Peer-review of Isaac Newton’s one million words on alchemy: A substantial and wide-ranging contribution to our science.
Peer-review of Isaac Newton’s physics: This chap is totally wide of all standards of accepted science, this is utterly incomprehensible.
Scientist: (noun) A person engaged in pursuit of a grant, often from a State-funded or State organisation.
The “Death of the Scientific Method “ was highlighted in the then Lockdown Sceptic some months ago and the mantra of following the science is flawed. When the currency if academia is publications it is no surprise that following an accepted understanding be it pro mask, pro vaccination, pro lockdown is much easier than being critical.
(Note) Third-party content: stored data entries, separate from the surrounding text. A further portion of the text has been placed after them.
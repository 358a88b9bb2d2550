-- ===== src/Value/Decode.antt =====
-- value.py, `_decode_snapshot` and its readers, on the bytes from the cursor on. A result stands for the
-- value and those after it.
use pyinc.Prelude.{
  ℕ, zero, suc, true, false, Option, none, some, [], ◌∷◌, length, take, drop, if◌then◌else◌, ◌==◌,
}
use pyinc.Value.Snapshot.{
  Bytes, ℤ, pos, negsuc, Scalars, Snapshot, Items, Entries, Fields, none_value, bool, int, float,
  complex, str, bytes, frozen_list, frozen_dict, frozen_set, frozen_record, frozen_adapter_value,
  frozen_ref, frozen_graph, tuple, no_items, item, no_entries, entry, no_fields, field,
}
use pyinc.Value.Decimal.{int_of, split_colon}

-- `refused` is an error. `too_deep` is the bound on nested calls, which stands for Python's own.
-- A negative length moves the cursor back, which is not modelled: the result is `backwards`.
pub data Decoded {ℓ} (A : Type ℓ) : Type ℓ where
  ok : A → Decoded A
  refused too_deep backwards : Decoded A

infixl 5 ◌>>=◌
abbrev pub ◌>>=◌ {ℓ κ} : {A : Type ℓ} {B : Type κ} → Decoded A → (A → Decoded B) → Decoded B
ok a >>= f = f a
refused >>= f = refused
too_deep >>= f = too_deep
backwards >>= f = backwards

unfoldable pub or_refused {ℓ} : {A : Type ℓ} → Option A → Decoded A
or_refused none = refused
or_refused (some a) = ok a

-- `_expect`, of one byte
unfoldable pub expect : ℕ → Bytes → Decoded Bytes
expect b [] = refused
expect b (d ∷ bs) = if d == b then ok bs else refused

-- A count or a length. A loop over a negative count does nothing.
abbrev to_count : ℤ → ℕ
to_count (pos n) = n
to_count (negsuc n) = 0

abbrev pub to_length : ℤ → Decoded ℕ
to_length (pos n) = ok n
to_length (negsuc n) = backwards

-- `_read_length_prefixed`
unfoldable pub read_length_prefixed : Bytes → Decoded (Bytes × Bytes)
unfolding or_refused
read_length_prefixed bs = do
  (digits, rest) ← or_refused (split_colon bs)
  n ← or_refused (int_of digits)
  length ← to_length n
  ok (take length rest, drop length rest)

-- `_read_length_prefixed_int`
unfoldable pub read_length_prefixed_int : Bytes → Decoded (ℕ × Bytes)
unfolding or_refused
read_length_prefixed_int bs = do
  (digits, rest) ← or_refused (split_colon bs)
  n ← or_refused (int_of digits)
  ok (to_count n, rest)

module _ (c : Scalars) where
  abbrev pub Reader {ℓ} : Type ℓ → Type ℓ
  Reader A = Bytes → Decoded (A × Bytes)

  -- The loops, with the decoding of one value given.
  module _ (value : Reader (Snapshot c)) where
    unfoldable pub decode_items : ℕ → Reader (Items c)
    decode_items zero bs = ok (no_items, bs)
    decode_items (suc n) bs = do
      (x, bs₁) ← value bs
      (xs, bs₂) ← decode_items n bs₁
      ok (item x xs, bs₂)

    unfoldable pub decode_entries : ℕ → Reader (Entries c)
    decode_entries zero bs = ok (no_entries, bs)
    decode_entries (suc n) bs = do
      (k, bs₁) ← value bs
      (v, bs₂) ← value bs₁
      (es, bs₃) ← decode_entries n bs₂
      ok (entry k v es, bs₃)

    unfoldable pub decode_fields : ℕ → Reader (Fields c)
    unfolding or_refused
    decode_fields zero bs = ok (no_fields, bs)
    decode_fields (suc n) bs = do
      (key, bs₁) ← read_length_prefixed bs
      (v, bs₂) ← value bs₁
      k ← or_refused (c.decode_utf8 key)
      (fs, bs₃) ← decode_fields n bs₂
      ok (field k v fs, bs₃)

    -- `<tag> <count>: <items> ;`
    unfoldable pub counted_items : (Items c → Snapshot c) → Reader (Snapshot c)
    counted_items make bs = do
      (n, bs₁) ← read_length_prefixed_int bs
      (xs, bs₂) ← decode_items n bs₁
      rest ← expect b';' bs₂
      ok (make xs, rest)

    -- The branches of `_decode_snapshot`, by the tag that was read.
    unfoldable pub decode_tagged : ℕ → Reader (Snapshot c)
    unfolding or_refused
    decode_tagged tag bs =
        if tag == b'N'
        then (do rest ← expect b';' bs; ok (none_value, rest))
        else if tag == b'T'
        then (do rest ← expect b';' bs; ok (bool true, rest))
        else if tag == b'F'
        then (do rest ← expect b';' bs; ok (bool false, rest))
        else if tag == b'i'
        then (do
          (body, bs₁) ← read_length_prefixed bs
          rest ← expect b';' bs₁
          n ← or_refused (int_of body)
          ok (int n, rest))
        else if tag == b'f'
        then (do
          (body, bs₁) ← read_length_prefixed bs
          rest ← expect b';' bs₁
          f ← or_refused (c.fromhex body)
          ok (float f, rest))
        else if tag == b'c'
        then (do
          (real, bs₁) ← read_length_prefixed bs
          bs₂ ← expect b',' bs₁
          (imag, bs₃) ← read_length_prefixed bs₂
          rest ← expect b';' bs₃
          r ← or_refused (c.fromhex real)
          i ← or_refused (c.fromhex imag)
          ok (complex r i, rest))
        else if tag == b's'
        then (do
          (body, bs₁) ← read_length_prefixed bs
          rest ← expect b';' bs₁
          t ← or_refused (c.decode_utf8 body)
          ok (str t, rest))
        else if tag == b'b'
        then (do
          (body, bs₁) ← read_length_prefixed bs
          rest ← expect b';' bs₁
          ok (bytes body, rest))
        else if tag == b'L'
        then counted_items frozen_list bs
        else if tag == b'D'
        then (do
          (n, bs₁) ← read_length_prefixed_int bs
          (es, bs₂) ← decode_entries n bs₁
          rest ← expect b';' bs₂
          ok (frozen_dict es, rest))
        else if tag == b'S'
        then (do
          (body, bs₁) ← read_length_prefixed bs
          bs₂ ← expect b',' bs₁
          (n, bs₃) ← read_length_prefixed_int bs₂
          (xs, bs₄) ← decode_items n bs₃
          rest ← expect b';' bs₄
          kind ← or_refused (c.decode_utf8 body)
          ok (frozen_set kind xs, rest))
        else if tag == b'R'
        then (do
          (body, bs₁) ← read_length_prefixed bs
          bs₂ ← expect b',' bs₁
          (n, bs₃) ← read_length_prefixed_int bs₂
          (fs, bs₄) ← decode_fields n bs₃
          rest ← expect b';' bs₄
          name ← or_refused (c.decode_utf8 body)
          ok (frozen_record name fs, rest))
        else if tag == b'A'
        then (do
          (body, bs₁) ← read_length_prefixed bs
          bs₂ ← expect b',' bs₁
          (x, bs₃) ← value bs₂
          rest ← expect b';' bs₃
          key ← or_refused (c.decode_utf8 body)
          ok (frozen_adapter_value key x, rest))
        else if tag == b'r'
        then (do
          (body, bs₁) ← read_length_prefixed bs
          rest ← expect b';' bs₁
          n ← or_refused (int_of body)
          ok (frozen_ref n, rest))
        else if tag == b'G'
        then (do
          (n, bs₁) ← read_length_prefixed_int bs
          (nodes, bs₂) ← decode_items n bs₁
          (root, bs₃) ← value bs₂
          rest ← expect b';' bs₃
          ok (frozen_graph nodes root, rest))
        else if tag == b't'
        then counted_items tuple bs
        else refused

  -- `_decode_snapshot`, with a bound on the depth of nested calls
  unfoldable pub decode_snapshot : ℕ → Reader (Snapshot c)
  decode_snapshot zero bs = too_deep
  decode_snapshot (suc depth) [] = refused
  decode_snapshot (suc depth) (tag ∷ bs) = decode_tagged (decode_snapshot depth) tag bs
Just as with Mad Cow Disease, history will demonstrate over reaction based on misunderstanding and outlandish guesses from individuals “Ferguson “ et al- the difference with Covid is that in mad cow disease (CJD) it was cows that were sacrificed.
‘Peer Review’ – Richard Horton, editor-in-chief of The Lancet
“Peer review to the public is portrayed as a quasi-sacred process that helps to make science our most objective truth teller, but we know that the system of peer review is biased, unjust, unaccountable, incomplete, easily fixed, often insulting, usually ignorant, occasionally foolish, and frequently wrong”
And strangely no university librarian or member of the university committee that signs off the library’s funding ever gets sacked (or surcharged, or even publicly exposed) for handing over public money in return for this garbage.
If there wasn’t a demand, there wouldn’t be a supply.
If there weren’t kickbacks, there wouldn’t be a “demand”.